# Nero will keinen 800MB Rohling



## paleface (18. Juni 2004)

Hallo...
Ich habe einen Film erstellt denn ich nun als SVCD brennen will.
Der Film ist 708MB Gross.
Habe mir also EXTRA weil der die normalen 700MB Rohlinge net wollte,
800MB Rohlinge gekauft.
Nun will ich brennen.Ziehe meinen Film darein und was sagt er. Nicht genügend Platz. Und bricht das brennen ab.
Die Speicherleiste ist 100%tig auf 708MB. Müsste doch eigentlich passen.
Wiso geht das nicht?

Danke im Vorraus...


----------



## Karlito (18. Juni 2004)

Oehm, Du weißt hoffentlich schon, dass Du auch .mpeg-Dateien, die auch größer als 700 MB sein können, auch auf eine normale 700MB-Scheibe brennen kannst, indem Du Deinen Film auch als SVCD abbrennst ( Also beim Start von Nero nicht Daten-CD, sondern VCD bzw. SVCD auswählen. Dann Deinen Film in den MPEG2-Ordner rein.)

Falls das nicht die Lösung ist, sag mal die Marke von Deinem Überlänge-Rohling sowie Model vom Brenner und welche Nero-Version?


----------



## paleface (19. Juni 2004)

Ich habe 3 verschiedene Rohlingstypen versucht.
Und ja weiss ih aber der Film is ja 708MB gross. Die Rohline schaffen aber MAX 705MB Überlänge.
Ich frag mich ja nur wiso Nero (neuste Trial Version) die 800MB nicht an nimmt.

Gibs noch nen anderes GUTES Brennprogram? Welchs 100%tig 800MB-Rohlinge annimmt?


----------



## Thomas Lindner (19. Juni 2004)

Wenns diese EInstellung in der "neuesten" Version auch dort zu finden ist, dann versuche folgendes:

Menü: Datei -> Einstellunmgen

Registerkarte : Experteneinstellungen

Dort Übergrößen zulassen und mit "Übernehmen" bestätigen!
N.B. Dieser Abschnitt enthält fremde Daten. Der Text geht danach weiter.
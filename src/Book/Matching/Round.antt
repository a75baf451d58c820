-- ===== src/Book/Matching/Round.antt =====
-- One round of `PriceTimePriority::Match` on a well-formed book.
use hermes_orderbook.Prelude.{
  ℕ, ◌-◌, ◌≤◌, ◌≡◌, refl, sym, ap, subst, false, List, ◌∷◌, some, is_empty, arith, inl, inr,
  Bool-cases, ◌==◌, min, ◌&&◌, sub64, ltb, length, eqb_ℤ_refl,
}
use hermes_orderbook.Core.Types.{Price, Quantity, Side, buy, sell, MatchType}
use hermes_orderbook.Core.Order.{Order, fill}
use hermes_orderbook.Book.Levels.{Level, find_level, set_level}
use hermes_orderbook.Book.State.{Book, levels, with_levels, max_events}
use hermes_orderbook.Book.Operations.{charge_level, record_trade, record_fill}
use hermes_orderbook.Book.Matching.{set_front}
use hermes_orderbook.Book.View.Sides.{levels-with_self, with_levels-twice, SameLog}

-- The order after a fill that it has room for.
abbrev pub less : Quantity → Order → Order
less q o = record o { remaining_quantity = o.remaining_quantity - q }

pub fill-eq : (q : ℕ) (o : Order) → q ≤ o.remaining_quantity → fill q o ≡ less q o
unfolding fill
fill-eq q o h = ground arith

pub levels-record_trade :
    (t : Side) (maker taker : ℕ) (p : Price) (q : ℕ) (s : Side) (mt : MatchType) (b : Book)
    → levels t (record_trade maker taker p q s mt b) ≡ levels t b
unfolding levels record_trade
levels-record_trade buy maker taker p q s mt b = ground arith
levels-record_trade sell maker taker p q s mt b = ground arith

pub index-record_trade :
    (maker taker : ℕ) (p : Price) (q : ℕ) (s : Side) (mt : MatchType) (b : Book)
    → ((record_trade maker taker p q s mt b).index ≡ b.index)
      × ((record_trade maker taker p q s mt b).order_counter ≡ b.order_counter)
      × ((record_trade maker taker p q s mt b).market_state ≡ b.market_state)
unfolding record_trade
index-record_trade maker taker p q s mt b = ground arith

-- The scratch and the counter of trades do not depend on the sides.
pub record_trade-log :
    (maker taker : ℕ) (p : Price) (q : ℕ) (s : Side) (mt : MatchType) (b b' : Book)
    → SameLog b b'
    → ((record_trade maker taker p q s mt b').scratch
        ≡ (record_trade maker taker p q s mt b).scratch)
      × ((record_trade maker taker p q s mt b').trade_counter
          ≡ (record_trade maker taker p q s mt b).trade_counter)
unfolding record_trade
record_trade-log maker taker p q s mt b b' e =
    rw (e.scratch, e.trade_counter)
      (elim (Bool-cases (ltb (length b.scratch) max_events)) [
        | inl h ↦ rw h (refl, refl)
        | inr h ↦ rw h (refl, refl)
      ])

find_level-front : (l : Level) (ls : List Level) → find_level l.price (l ∷ ls) ≡ some l
unfolding find_level
find_level-front l ls = rw (eqb_ℤ_refl l.price)

set_level-front :
    (p : Price) (l l' : Level) (ls : List Level) → l.price ≡ p → set_level p l' (l ∷ ls) ≡ l' ∷ ls
unfolding set_level
set_level-front p l l' ls e = rw (e, eqb_ℤ_refl p)

charge_level-front :
    (s : Side) (q : ℕ) (l : Level) (o : Order) (os : List Order) (ls : List Level) (b : Book)
    → l.orders ≡ o ∷ os
    → charge_level s l.price q (with_levels s (l ∷ ls) b)
      ≡ with_levels s (record l { volume = sub64 l.volume q } ∷ ls) b
unfolding charge_level
charge_level-front s q l o os ls b h =
    let busy : (sub64 l.volume q == 0 && is_empty l.orders) ≡ false = ground arith in
    rw (
      charge_level,
      levels-with_self,
      find_level-front,
      busy,
      levels-with_self,
      set_level-front l.price l _ ls refl,
      with_levels-twice,
    )

set_front-cons :
    (o o' : Order) (os : List Order) (ms : List Level) (l : Level) (ls : List Level)
    → ms ≡ l ∷ ls
    → l.orders ≡ o' ∷ os
    → set_front o ms ≡ record l { orders = o ∷ os } ∷ ls
unfolding set_front
set_front-cons o o' os ms l ls f h = rw (f, set_front) (rw h refl)

module _ (order top : Order) where
  abbrev pub dealt : Quantity
  dealt = min order.remaining_quantity top.remaining_quantity

  abbrev pub logged : Book → Book
  logged = record_trade order.client_id top.client_id top.price dealt top.side order.match_type

-- A round with `top`, the first order of the first level on the other side: the book after the
-- fills and `RecordFill`.
module _ (order top : Order) (os : List Order) (l : Level) (ls : List Level) (b : Book) where
  abbrev quantity : Quantity
  quantity = dealt order top

  abbrev pub filled_book : Book
  filled_book = logged order top (
      with_levels top.side
        (record l { volume = sub64 l.volume quantity; orders = less quantity top ∷ os } ∷ ls) b)

  pub record_fill-front :
      l.orders ≡ top ∷ os
      → top.price ≡ l.price
      → levels top.side b ≡ l ∷ ls
      → record_fill order.client_id top.client_id top.price quantity top.side order.match_type
          (with_levels top.side (set_front (less quantity top) (levels top.side b)) b)
        ≡ filled_book
  unfolding record_fill
  record_fill-front h e f =
      rw (set_front-cons (less quantity top) top os (levels top.side b) l ls f h) (
        ap (logged order top) (
          subst
            (λ p.
              charge_level top.side p quantity
                (with_levels top.side (record l { orders = less quantity top ∷ os } ∷ ls) b)
              ≡ with_levels top.side
                  (record l { volume = sub64 l.volume quantity; orders = less quantity top ∷ os }
                    ∷ ls)
                  b)
            (sym e)
            (charge_level-front top.side quantity (record l { orders = less quantity top ∷ os })
              (less quantity top) os ls b refl)))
( Entnommen aus der Neroversion 5.0 )


----------



## paleface (19. Juni 2004)

Sorry geht net.

Gibs ein anderes Brennprogramm das das Aktzeptieren würde?


----------



## Thomas Lindner (19. Juni 2004)

Enthält zwar teils den selben Tipp wie oben, aber auch eine Erweiterung dessen:

http://www.nickles.de/c/a/forum2-537412151.htm


----------



## Thomas Lindner (19. Juni 2004)

Noch was gefunden, wegen Programmen die Überlängen unterstützen:

http://www.hardwarejournal.de/ueberlaenge.htm


----------



## paleface (20. Juni 2004)

Es klappt einfach NICHT.

Der bricht immer ab.
Ich dachtees lege daran das mein Bernner das vielelicht garnicht schafft Überlänge.
Aber auf der Homepage finde ich nix dazu.
http://www.pioneer.de/de/product_detail.jsp?product_id=7108&taxonomy_id=364-394
Ich denke mal das ich erstmal nen anderes BrennprogrammVersuche.
Mit Nero scheint es ja angeblich nicht zu funktionieren.
Dabei habeich @Thomas deine Links alle einmal durchgearbeitet.

Es will einfach nicht...


----------



## Seb die Schnecke (21. Juni 2004)

*Ich hätt das was!*

Hey paleface!

Versuch doch mal unter:

Datei/Einstellungen
=> Registrierkarte: Experteneinstellungen
die "Maximale CD Länge" auf 92:00:00 zu stellen.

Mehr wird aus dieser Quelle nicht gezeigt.